Loss not decreasing for part-of-speech tagger

Hi all!

I’m trying to train a part-of-speech tagger using the data from the Brown corpus from NLTK using the universal tagset:

Here is the dataset implementation:

class BrownDataset(Dataset):
    def __init__(self):
        self.sents = []
        self.tags = []
        for tagged_sent in brown.tagged_sents(tagset="universal"):
            words, tags = list(zip(*tagged_sent))
        c = Counter([word.lower() for sent in self.sents for word in sent])
        self.w2i = {"<PAD>": 0, "<UNK>": 1}
        for i, (w, _) in enumerate(c.most_common(VOCAB_SIZE - 2), 2):
            self.w2i[w] = i
        self.i2w = {i: w for w, i in self.w2i.items()}
        self.t2i = {"<PAD>": 0}
        for i, t in enumerate({tag for tags in self.tags for tag in tags}, 1):
            self.t2i[t] = i
        self.i2t = {i: t for t, i in self.t2i.items()}

    def __getitem__(self, index):
        return torch.tensor([self.w2i.get(w.lower(), self.w2i["<UNK>"]) for w in self.sents[index]]), torch.tensor([self.t2i[t] for t in self.tags[index]])

    def __len__(self):
        return len(self.sents)

My model is fairly simple, similar to the model in the PyTorch tutorial:

class PosTagger(nn.Module):
    def __init__(self):
        super(PosTagger, self).__init__()
        self.embedding = nn.Embedding(VOCAB_SIZE, EMB_DIM)
        self.lstm = nn.LSTM(EMB_DIM, HIDDEN_SIZE, batch_first=True)
        self.fc = nn.Linear(HIDDEN_SIZE, TAGSET_SIZE + 1)  # +1 for PAD

    def forward(self, x):
        x = self.embedding(x)
        x, _ = self.lstm(x)
        return F.log_softmax(self.fc(x), dim=1)

This is the setup code:

def collate_fn(batch):
    sents, tags = list(zip(*batch))
    return pad_sequence(sents, batch_first=True), pad_sequence(tags, batch_first=True)

dataset = BrownDataset()
dataloader = DataLoader(dataset, batch_size=64, shuffle=True, collate_fn=collate_fn)
model = PosTagger()
loss_function = nn.NLLLoss()
optimizer = optim.Adam(model.parameters())

And this is the training loop:

for epoch in tqdm(range(EPOCHS)):
    for sents, targets in dataloader:
        predictions = model(sents)
        batch_size, seq_len, _ = predictions.shape
        loss = loss_function(predictions.view(batch_size * seq_len, -1), targets.view(-1))

The loss per batch is constantly fluctuating between 2 and 4. Am I doing something wrong?


The Default learning rate for Adam is 0.001. This might be too high for this case.
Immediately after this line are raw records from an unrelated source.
-- ===== src/Limiter/Check/Online.antt =====
-- `GetOnlineDevice`: the report of a round.
use text.Mathlib.TextEquality.{eq_iff}
use v2b_x_turbo.Base.{
  In-append_left, In-append_right, ℤ, String, true, none, some, List, [], ◌∷◌, map, Map, lookup,
  store, delete, lookup-store, lookup-delete, string_eq, Bool-cases, lookup-store_self, is_some, In,
  inl, inr, ◌⊎◌, ◌==◌, ◌≡◌, refl, arith,
}
use v2b_x_turbo.Panel.Types.{OnlineUser}
use v2b_x_turbo.Limiter.Types.{Limiter}
use v2b_x_turbo.Limiter.Check.{report_ips, report, delete_all, store_all, get_online_device}
use v2b_x_turbo.Limiter.Check.View.{online}
use v2b_x_turbo.Limiter.Check.Admission.{}

delete_all_absent :
    (ks : List String) (k : String) (m : Map String (Map String ℤ))
    → lookup k m ≡ none
    → lookup k (delete_all ks m) ≡ none
unfolding delete_all
delete_all_absent [] k m h = h
delete_all_absent (j ∷ ks) k m h =
    delete_all_absent ks k (delete j m) (ground (arith, lookup-delete j k m))

lookup-delete_all :
    (k : String) (n m : Map String (Map String ℤ))
    → (lookup k n ≡ none → lookup k m ≡ none)
    → lookup k (delete_all (map (λ e. e.0) n) m) ≡ none
unfolding delete_all lookup
lookup-delete_all k [] m h = h refl
lookup-delete_all k ((j, v) ∷ n) m h =
    lookup-delete_all k n (delete j m) (λ e. ground (arith, lookup-delete j k m, eq_iff j k, h))

report_ips_complete :
    (ip : String) (uid : ℤ) (m : Map String ℤ)
    → lookup ip m ≡ some uid
    → In (record { uid = uid; ip = ip }) (report_ips m)
unfolding report_ips lookup
report_ips_complete ip uid [] h = cc
report_ips_complete ip uid ((j, v) ∷ m) h = elim (Bool-cases (j == ip)) [
  | inl same ↦ inl (ground (arith, eq_iff j ip))
  | inr other ↦ inr (report_ips_complete ip uid m (ground arith))
]

report_complete :
    (m : Map String (Map String ℤ)) (j k : String) (v : ℤ)
    → online m j k ≡ some v
    → In (record { uid = v; ip = k }) (report m)
unfolding report online lookup
report_complete [] j k v h = cc
report_complete ((i, ip_map) ∷ m) j k v h = elim (Bool-cases (i == j)) [
  | inl same ↦
      In-append_left _ (report_ips ip_map) _ (report_ips_complete k v ip_map (ground arith))
  | inr other ↦ In-append_right _ (report_ips ip_map) _ (report_complete m j k v (ground arith))
]

-- What is stored is looked up, and only that.
lookup-store_all :
    (k : String) (os : List OnlineUser) (m : Map String ℤ) (v : ℤ)
    → lookup k (store_all os m) ≡ some v
    → (lookup k m ≡ some v) ⊎ In (record { uid = v; ip = k }) os
unfolding store_all
lookup-store_all k [] m v h = inl h
lookup-store_all k (o ∷ os) m v h = elim (lookup-store_all k os (store o.ip o.uid m) v h) [
  | inl e ↦ elim (Bool-cases (o.ip == k)) [
    | inl same ↦ inr (inl (ground (arith, eq_iff o.ip k, lookup-store o.ip k o.uid m)))
    | inr other ↦ inl (ground (arith, lookup-store o.ip k o.uid m))
  ]
  | inr i ↦ inr (inr i)
]

store_all_keeps :
    (k : String) (os : List OnlineUser) (m : Map String ℤ)
    → is_some (lookup k m) ≡ true
    → is_some (lookup k (store_all os m)) ≡ true
unfolding store_all
store_all_keeps k [] m h = h
store_all_keeps k (o ∷ os) m h =
    store_all_keeps k os (store o.ip o.uid m) (ground (arith, lookup-store o.ip k o.uid m))

store_all_stores :
    (o : OnlineUser) (os : List OnlineUser) (m : Map String ℤ)
    → In o os
    → is_some (lookup o.ip (store_all os m)) ≡ true
unfolding store_all
store_all_stores o [] m h = absurd h
store_all_stores o (x ∷ os) m (inl e) =
    rw e (store_all_keeps x.ip os (store x.ip x.uid m) (rw lookup-store_self refl))
store_all_stores o (x ∷ os) m (inr h) = store_all_stores o os (store x.ip x.uid m) h

module _ {Regex Bucket : Type 0} where
  -- The end of a round: no address is online any more; each address that was is in the report and
  -- among the old ones; and each old one is in the report, with its user.
  pub online-get_online_device :
      (l : Limiter Regex Bucket) (j k : String)
      → let r = get_online_device l in
        (online r.1.user_online_ip j k ≡ none)
        × ((v : ℤ)
            → online l.user_online_ip j k ≡ some v
            → In (record { uid = v; ip = k }) r.0 × (is_some (lookup k r.1.old_user_online) ≡ true))
        × ((v : ℤ) → lookup k r.1.old_user_online ≡ some v → In (record { uid = v; ip = k }) r.0)
  unfolding get_online_device online lookup
  online-get_online_device l j k = (
    rw (lookup-delete_all j l.user_online_ip l.user_online_ip (λ e. e)) refl,
    λ v h. (
      report_complete l.user_online_ip j k v h,
      store_all_stores _ _ [] (report_complete l.user_online_ip j k v h),
    ),
    λ v h. elim (lookup-store_all k (report l.user_online_ip) [] v h) [ inl e ↦ cc | inr i ↦ i ],
  )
Try explicitly setting it. This is of-course barring any issue with your data.

Changing Adam’s learning rate didn’t do it. I think Adam is too “strong” for this problem. I got better results with SGD(lr=0.1) and a larger batch size, but the model converges very slowly. Maybe it is a problem with the data…
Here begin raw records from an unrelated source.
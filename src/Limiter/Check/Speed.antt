-- ===== src/Limiter/Check/Speed.antt =====
-- The speed limits that `CheckLimit` applies, and how long.
use text.Mathlib.TextEquality.{eq_iff}
use v2b_x_turbo.Base.{
  sym, ◌∙◌, lt_ℤ_iff, int_beq_iff, or_else, ap, ◌&&◌, ◌==◌, int_eq, ℕ, ◌*◌, ◌<◌, ℤ, pos, lt_ℤ, ◌<ℤ◌,
  String, Bool, true, false, none, some, List, [], ◌∷◌, Option-cases, inl, inr, lookup, string_eq,
  nat_beq, if◌then◌else◌, ◌≡◌, ◌≢◌, arith, trim_prefix,
}
use v2b_x_turbo.Limiter.Types.{UserLimitInfo, Limiter}
use v2b_x_turbo.Limiter.Check.{second, user_limit, byte_rate, check_limit}
use v2b_x_turbo.Limiter.Check.View.{refused}
use v2b_x_turbo.Limiter.Check.Admission.{reject-check_limit}
use v2b_x_turbo.Limiter.Check.Bucket.{
  stricter, determine-stricter, byte_rate-stricter, effective_limit, info_after,
  user_limit_info-track, user_limit_info-admit, user_limit_info-user_limit, bucket-admit, tracked,
  check_limit_known, speed_limiter-tracked, reject-admit,
}

-- A call of `CheckLimit`.
pub record Attempt : Type 0 where
  pub now : ℤ
  pub taguuid : String
  pub address : String
  pub no_ssudp : Bool

-- The limiter behind some calls, one after the other.
abbrev pub attempts :
    {Regex Bucket : Type 0}
    → (ℤ → ℤ → ℤ → Bucket)
    → List Attempt
    → Limiter Regex Bucket
    → Limiter Regex Bucket
attempts new_bucket [] l = l
attempts new_bucket (a ∷ later) l =
    attempts new_bucket later (check_limit new_bucket a.now a.taguuid a.address a.no_ssudp l).after

module _ {Regex Bucket : Type 0} where
  module _ (new_bucket : ℤ → ℤ → ℤ → Bucket) (now : ℤ) where
    -- A known user's check that admits returns the bucket that is stored for the user, or else a
    -- new one at the rate of the node's and the user's effective limits together, or none where
    -- that rate is not positive; a bucket that is returned is stored, and other users' buckets stay.
    pub bucket-check_limit :
        (taguuid address : String) (no_ssudp : Bool) (u : UserLimitInfo) (l : Limiter Regex Bucket)
        (k : String)
        → lookup taguuid l.user_limit_info ≡ some u
        → (check_limit new_bucket now taguuid address no_ssudp l).reject ≡ false
        → let v = check_limit new_bucket now taguuid address no_ssudp l in
          let rate = byte_rate l.speed_limit (effective_limit now u) in
          (v.bucket ≡ (
            if lt_ℤ (pos 0) rate
            then some (or_else (new_bucket second rate rate) (lookup taguuid l.speed_limiter))
            else none))
          × (lookup k v.after.speed_limiter
              ≡ (if lt_ℤ (pos 0) rate && taguuid == k then v.bucket else lookup k l.speed_limiter))
    unfolding tracked
    bucket-check_limit taguuid address no_ssudp u l k e r =
        let t = tracked now taguuid address no_ssudp u l in
        let rate = byte_rate l.speed_limit (effective_limit now u) in
        let known = check_limit_known new_bucket now taguuid address no_ssudp u l e in
        let admitted : t.0 ≡ false =
          sym (reject-admit new_bucket taguuid rate t) ∙ ap (λ v. v.reject) (sym known) ∙ r in
        rw known (
          rw (speed_limiter-tracked now taguuid address no_ssudp u l) at
            (bucket-admit new_bucket taguuid k rate t admitted))

    -- The entries of the users after a check: an expired dynamic limit is cleared, and the entry of
    -- a user with no limit but an expired dynamic one is deleted.
    pub user_limit_info-check_limit :
        (taguuid address : String) (no_ssudp : Bool) (u : UserLimitInfo) (l : Limiter Regex Bucket)
        (k : String)
        → lookup taguuid l.user_limit_info ≡ some u
        → lookup k (check_limit new_bucket now taguuid address no_ssudp l).after.user_limit_info
          ≡ (if taguuid == k then info_after now u else lookup k l.user_limit_info)
    unfolding tracked
    user_limit_info-check_limit taguuid address no_ssudp u l k e =
        rw (check_limit_known new_bucket now taguuid address no_ssudp u l e, user_limit_info-admit)
          (ground (
            arith,
            user_limit_info-track taguuid (trim_prefix address "::ffff:") u.uid u.device_limit
                (user_limit now taguuid u l).1,
            user_limit_info-user_limit now taguuid u l k e,
          ))

    -- A check enters no user.
    unknown_stays :
        (taguuid address : String) (no_ssudp : Bool) (l : Limiter Regex Bucket) (k : String)
        → lookup k l.user_limit_info ≡ none
        → lookup k (check_limit new_bucket now taguuid address no_ssudp l).after.user_limit_info
          ≡ none
    unfolding check_limit
    unknown_stays taguuid address no_ssudp l k gone =
        elim (Option-cases (lookup taguuid l.user_limit_info)) [
          | inl e ↦ rw (check_limit, e) gone
          | inr (u, e) ↦ ground (
            arith,
            user_limit_info-check_limit taguuid address no_ssudp u l k e,
            eq_iff taguuid k,
          )
        ]

  unknown_after :
      (new_bucket : ℤ → ℤ → ℤ → Bucket) (later : List Attempt) (l : Limiter Regex Bucket)
      (k : String)
      → lookup k l.user_limit_info ≡ none
      → lookup k (attempts new_bucket later l).user_limit_info ≡ none
  unknown_after new_bucket [] l k gone = gone
  unknown_after new_bucket (a ∷ later) l k gone =
      unknown_after new_bucket later
        (check_limit new_bucket a.now a.taguuid a.address a.no_ssudp l).after k
        (unknown_stays new_bucket a.now a.taguuid a.address a.no_ssudp l k gone)

  module _ (new_bucket : ℤ → ℤ → ℤ → Bucket) (now : ℤ) where
    -- A user with no limit but a dynamic one that has expired: behind one check of the user, and
    -- whatever checks of it and of others follow, each further check of it rejects.
    pub expired_dynamic_limit_rejects :
        (taguuid address address' : String) (no_ssudp no_ssudp' : Bool) (now' : ℤ)
        (u : UserLimitInfo) (l : Limiter Regex Bucket) (between : List Attempt)
        → lookup taguuid l.user_limit_info ≡ some u
        → u.speed_limit ≡ pos 0
        → u.expire_time ≢ pos 0
        → u.expire_time <ℤ now
        → (check_limit new_bucket now' taguuid address' no_ssudp' (
            attempts new_bucket between
              (check_limit new_bucket now taguuid address no_ssudp l).after)).reject
          ≡ true
    unfolding refused info_after
    expired_dynamic_limit_rejects taguuid address address' no_ssudp no_ssudp' now' u l between e s x
          lt =
        let l' = (check_limit new_bucket now taguuid address no_ssudp l).after in
        let gone : lookup taguuid l'.user_limit_info ≡ none = ground (
          arith,
          user_limit_info-check_limit new_bucket now taguuid address no_ssudp u l taguuid e,
          eq_iff taguuid taguuid,
          lt_ℤ_iff u.expire_time now,
          int_beq_iff u.expire_time (pos 0),
        ) in
        rw reject-check_limit (ground (arith, unknown_after new_bucket between l' taguuid gone))

  bucket_after :
      (new_bucket : ℤ → ℤ → ℤ → Bucket) (now : ℤ) (taguuid address : String) (no_ssudp : Bool)
      (u : UserLimitInfo) (l : Limiter Regex Bucket)
      → lookup taguuid l.user_limit_info ≡ some u
      → (check_limit new_bucket now taguuid address no_ssudp l).reject ≡ false
      → (check_limit new_bucket now taguuid address no_ssudp l).bucket ≡ (
          let rate = byte_rate l.speed_limit (effective_limit now u) in
          if lt_ℤ (pos 0) rate
          then some (or_else (new_bucket second rate rate) (lookup taguuid l.speed_limiter))
          else none)
  bucket_after new_bucket now taguuid address no_ssudp u l e r =
      (bucket-check_limit new_bucket now taguuid address no_ssudp u l taguuid e r).0

  module _ (new_bucket : ℤ → ℤ → ℤ → Bucket) (now : ℤ) where
    -- The first admitted connection of a user fixes the bucket: any later admitted one, whatever
    -- limits the node and the user have by then, gets the same bucket or none, as long as the
    -- stored buckets are not changed in between.
    pub bucket_stays :
        (taguuid address address' : String) (no_ssudp no_ssudp' : Bool) (now' : ℤ)
        (u u' : UserLimitInfo) (l l' : Limiter Regex Bucket) (b b' : Bucket)
        → lookup taguuid l.user_limit_info ≡ some u
        → (check_limit new_bucket now taguuid address no_ssudp l).reject ≡ false
        → (check_limit new_bucket now taguuid address no_ssudp l).bucket ≡ some b
        → l'.speed_limiter
          ≡ (check_limit new_bucket now taguuid address no_ssudp l).after.speed_limiter
        → lookup taguuid l'.user_limit_info ≡ some u'
        → (check_limit new_bucket now' taguuid address' no_ssudp' l').reject ≡ false
        → (check_limit new_bucket now' taguuid address' no_ssudp' l').bucket ≡ some b'
        → b' ≡ b
    bucket_stays taguuid address address' no_ssudp no_ssudp' now' u u' l l' b b' e r h s e' r' h' =
        ground (
          arith,
          bucket-check_limit new_bucket now taguuid address no_ssudp u l taguuid e r,
          bucket_after new_bucket now' taguuid address' no_ssudp' u' l' e' r',
          eq_iff taguuid taguuid,
        )

    -- The first admitted connection of a user without a dynamic limit: its bucket has the stricter
    -- of the node's and the user's limits, 0 standing for none, as bytes in a second, and there is
    -- no bucket where neither limits. Limits stay below nine million megabits.
    first_bucket :
        (taguuid address : String) (no_ssudp : Bool) (u : UserLimitInfo) (l : Limiter Regex Bucket)
        (node_limit user_limit : ℕ)
        → lookup taguuid l.user_limit_info ≡ some u
        → l.speed_limit ≡ pos node_limit
        → u.speed_limit ≡ pos user_limit
        → u.dynamic_speed_limit ≡ pos 0
        → stricter node_limit user_limit < 9000000000000
        → lookup taguuid l.speed_limiter ≡ none
        → (check_limit new_bucket now taguuid address no_ssudp l).reject ≡ false
        → let rate = stricter node_limit user_limit * 125000 in
          (check_limit new_bucket now taguuid address no_ssudp l).bucket
          ≡ (if nat_beq rate 0 then none else some (new_bucket second (pos rate) (pos rate)))
    unfolding effective_limit
    first_bucket taguuid address no_ssudp u l node_limit user_limit e n s d fits new r = ground (
      arith,
      bucket_after new_bucket now taguuid address no_ssudp u l e r,
      byte_rate-stricter node_limit user_limit fits,
      determine-stricter user_limit 0,
    )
Perhaps try with a really tiny dataset and try to overfit on it. Just to ensure that everything is working as expected.

I split my dataset into 800 for train and 200 for test, and the best I can get after 300 epochs is 92% accuracy for train and 85% for test.

300 epoch is a lot but at-least the loss is going down and you are getting a good test score. How are you measuring your loss. Did you try to see if it is a gradual decrease ? . Are you sure it is not bouncing around a minima for a long time ? You would observe this as a periodic increase and decrease in the loss.

I was calculating the loss wrong. Now I’m doing epoch_loss / len(dataloader) and can actually see that the loss is decreasing, albeit slowly. I also added a categorical accuracy function I found somewhere to check my accuracy, and the accuracy is increasing, so I guess everything is OK :slight_smile: Thanks for all your help!